-- ===== src/Diff/OpenApi/Limits.antt =====
-- The kinds of openapi.py are within the limits of RawChange.
use text.Mathlib.TextEquality.{eq_iff}
use living_api_contract_guar.Common.{
  String, Bool, true, false, some, List, [], ◌∷◌, ◌++◌, ◌≡◌, refl, arith, map, all, ◌&&◌, leb,
  string_key, All, All-append, All-map,
}
use living_api_contract_guar.Common.Sets.{elem}
use living_api_contract_guar.Common.Dict.{Dict, only_in}
use living_api_contract_guar.Common.Text.{text_length}
use living_api_contract_guar.Json.Value.{Value}
use living_api_contract_guar.Diff.Models.{RawChange, is_valid}
use living_api_contract_guar.Diff.OpenApi.Reading.{paths}
use living_api_contract_guar.Diff.OpenApi.Paths.{path_added, path_removed, walk_openapi}
use living_api_contract_guar.Diff.OpenApi.Known.{item_kinds, known, IsKnown}
use living_api_contract_guar.Diff.OpenApi.Events.{walk_openapi-HasShape}

abbrev is_kind : String → Bool
is_kind k = leb 1 (text_length k) && leb (text_length k) 128

abbrev IsKind : RawChange → Type 0
IsKind c = is_kind c.kind ≡ true

-- The location has 1 to 2048 characters.
abbrev pub is_location : RawChange → Bool
is_location c = leb 1 (text_length c.location) && leb (text_length c.location) 2048

elem-all :
    (p : String → Bool) (k : String) (ks : List String)
    → all p ks ≡ true
    → elem k ks ≡ true
    → p k ≡ true
unfolding elem
elem-all p k [] h q = absurd cc
elem-all p k (x ∷ ks) h q = ground (arith, eq_iff x k, elem-all p k ks)

known-IsKind : (cs : List RawChange) → All IsKnown cs → All IsKind cs
unfolding known
known-IsKind [] h = tt
known-IsKind (c ∷ cs) h = (elem-all is_kind c.kind item_kinds refl h.0, known-IsKind cs h.1)

valid_by : (a b : Bool) → a ≡ true → (a && b) ≡ b
valid_by true b h = refl
valid_by false b h = absurd cc

kinds-is_valid : (cs : List RawChange) → All IsKind cs → all is_valid cs ≡ all is_location cs
unfolding is_valid
kinds-is_valid [] h = refl
kinds-is_valid (c ∷ cs) h =
    rw (valid_by (is_kind c.kind) (is_location c) h.0, kinds-is_valid cs h.1) refl

-- Of the changes that the walkers build, pydantic refuses one only for its location.
pub walk_openapi-is_valid :
    (repr : Value → String) (before after : Dict String Value) (cs : List RawChange)
    → walk_openapi repr before after ≡ some cs
    → all is_valid cs ≡ all is_location cs
unfolding path_added path_removed
walk_openapi-is_valid repr before after cs e =
    let shape = walk_openapi-HasShape repr before after cs e in
    let added = map (path_added (paths after)) (only_in (paths after) (paths before)) in
    let removed = map (path_removed (paths before)) (only_in (paths before) (paths after)) in
    kinds-is_valid cs (
      rw shape.parts (
        All-append IsKind added (removed ++ shape.rest)
          (All-map IsKind (path_added (paths after)) (only_in (paths after) (paths before))
            (λ p. refl))
          (All-append IsKind removed shape.rest
            (All-map IsKind (path_removed (paths before)) (only_in (paths before) (paths after))
              (λ p. refl))
            (known-IsKind shape.rest shape.kinds.at))))
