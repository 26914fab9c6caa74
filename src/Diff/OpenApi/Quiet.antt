-- ===== src/Diff/OpenApi/Quiet.antt =====
-- Walkers that yield nothing on equal sides: sets, schemas and enums.
use living_api_contract_guar.Common.{
  String, Bool, true, false, not, Option, none, some, List, [], ◌∷◌, ◌≡◌, refl, arith, map, collect,
  if◌then◌else◌, string_key, pair_key, Key, select, beq_refl, Option-cases, inl, inr,
}
use living_api_contract_guar.Common.Dict.{Dict, keys, only_in, in_both}
use living_api_contract_guar.Common.Sets.{elem, set_of, sorted, difference, elem-set_of}
use living_api_contract_guar.Common.Text.{◌<>◌}
use living_api_contract_guar.Json.Value.{Value, as_dict, as_list, get_value}
use living_api_contract_guar.Json.Equality.{equal_refl}
use living_api_contract_guar.Diff.Models.{RawChange}
use living_api_contract_guar.Diff.Raising.{◌then◌, yield_each}
use living_api_contract_guar.Diff.OpenApi.Reading.{required_names}
use living_api_contract_guar.Diff.OpenApi.Schema.{
  Side, request_body, response, type_change, required_change, enum_changes, property_kept,
  property_changes, diff_schema,
}
use living_api_contract_guar.Diff.OpenApi.Operation.{unless_both_empty}

select_none {ℓ} :
    {A : Type ℓ} ⦃e : Key A⦄ (p : A → Bool) (xs : List A)
    → ((x : A) → elem x xs ≡ true → p x ≡ false)
    → select p xs ≡ []
unfolding elem
select_none p [] h = refl
select_none ⦃e⦄ p (x ∷ xs) h =
    ground (arith, h x, beq_refl x, select_none p xs (λ y q. h y (ground arith)))

difference_self {ℓ} : {A : Type ℓ} ⦃e : Key A⦄ (xs : List A) → difference xs xs ≡ []
unfolding difference
difference_self xs =
    select_none (λ x. not (elem x xs)) (set_of xs) (λ x q. ground (arith, elem-set_of x xs))

pub only_in_self {ℓ} : {K V : Type ℓ} ⦃e : Key K⦄ (d : Dict K V) → only_in d d ≡ []
unfolding only_in sorted
only_in_self d = rw (difference_self (keys d))

pub collect_nothing {ℓ} :
    {A B : Type ℓ} (f : A → List B) (xs : List A) → ((x : A) → f x ≡ []) → collect f xs ≡ []
collect_nothing f [] h = refl
collect_nothing f (x ∷ xs) h = rw (h x) (collect_nothing f xs h)

-- A walker that, if it raises nothing, yields nothing.
abbrev pub IsQuiet : Option (List RawChange) → Type 0
IsQuiet m = (cs : List RawChange) → m ≡ some cs → cs ≡ []

pub some-IsQuiet : (xs : List RawChange) → xs ≡ [] → IsQuiet (some xs)
some-IsQuiet xs h cs e = ground arith

pub then-IsQuiet : (m n : Option (List RawChange)) → IsQuiet m → IsQuiet n → IsQuiet (m then n)
then-IsQuiet none n h k cs e = cc
then-IsQuiet (some xs) none h k cs e = cc
then-IsQuiet (some xs) (some ys) h k cs e = ground (arith, h xs refl, k ys refl)

pub yield_each-IsQuiet :
    (f : String → Option (List RawChange)) (xs : List String)
    → ((x : String) → IsQuiet (f x))
    → IsQuiet (yield_each f xs)
unfolding yield_each
yield_each-IsQuiet f [] h cs e = cc
yield_each-IsQuiet f (x ∷ xs) h cs e =
    then-IsQuiet (f x) (yield_each f xs) (h x) (yield_each-IsQuiet f xs h) cs e

type_change_self : (side : Side) (l : String) (v : Value) → type_change side l v v ≡ []
unfolding type_change
type_change_self side l v = rw (equal_refl v)

required_change_self : (side : Side) (l : String) (b : Bool) → required_change side l b b ≡ []
unfolding required_change
required_change_self response l b = refl
required_change_self request_body l true = refl
required_change_self request_body l false = refl

module _ (repr : Value → String) where
  pub enum_changes_self :
      (l : String) (d : Dict String Value) (o : Option (List Value))
      → enum_changes repr l d o o ≡ []
  unfolding enum_changes sorted
  enum_changes_self l d none = refl
  enum_changes_self l d (some vs) = rw (difference_self (map repr vs))

  property_kept_self :
      (side : Side) (l : String) (props : Dict String Value) (required : List String)
      (name : String)
      → property_kept repr side l props props required required name ≡ []
  unfolding property_kept
  property_kept_self side l props required name = rw (
    type_change_self side (l <> "/properties/" <> name)
        (get_value "type" (as_dict (get_value name props))),
    required_change_self side (l <> "/properties/" <> name) (elem name required),
    enum_changes_self ((l <> "/properties/" <> name) <> "/enum") []
        (as_list (get_value "enum" (as_dict (get_value name props)))),
  )

  property_changes_self :
      (side : Side) (l : String) (props : Dict String Value) (required : List String)
      → property_changes repr side l props props required required ≡ []
  unfolding property_changes
  property_changes_self side l props required = rw (only_in_self props) (
      collect_nothing (property_kept repr side l props props required required)
        (in_both props props) (property_kept_self side l props required))

  pub diff_schema_self :
      (side : Side) (l : String) (schema : Dict String Value)
      → IsQuiet (diff_schema repr side l schema schema)
  unfolding diff_schema
  diff_schema_self side l schema cs e = elim (Option-cases (required_names schema)) [
    | inl n ↦ ground arith
    | inr (required, q) ↦
        ground
          (arith, property_changes_self side l (as_dict (get_value "properties" schema)) required)
  ]

  pub unless_both_empty-IsQuiet :
      (schema : Dict String Value) (m : Option (List RawChange))
      → IsQuiet m
      → IsQuiet (unless_both_empty schema schema m)
  unless_both_empty-IsQuiet [] m h cs e = cc
  unless_both_empty-IsQuiet (x ∷ schema) m h cs e = h cs e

•••

§ **Requirement**:
In the data above, start at the line that has "(f : String", stop after the line that has "enum_changes_self l d none = refl", and print every line in between exactly as it stands.

§ **Exercise response**:
    (f : String → Option (List RawChange)) (xs : List String)
    → ((x : String) → IsQuiet (f x))
    → IsQuiet (yield_each f xs)
unfolding yield_each
yield_each-IsQuiet f [] h cs e = cc
yield_each-IsQuiet f (x ∷ xs) h cs e =
    then-IsQuiet (f x) (yield_each f xs) (h x) (yield_each-IsQuiet f xs h) cs e

type_change_self : (side : Side) (l : String) (v : Value) → type_change side l v v ≡ []
unfolding type_change
type_change_self side l v = rw (equal_refl v)

required_change_self : (side : Side) (l : String) (b : Bool) → required_change side l b b ≡ []
unfolding required_change
required_change_self response l b = refl
required_change_self request_body l true = refl
required_change_self request_body l false = refl

module _ (repr : Value → String) where
  pub enum_changes_self :
      (l : String) (d : Dict String Value) (o : Option (List Value))
      → enum_changes repr l d o o ≡ []
  unfolding enum_changes sorted
  enum_changes_self l d none = refl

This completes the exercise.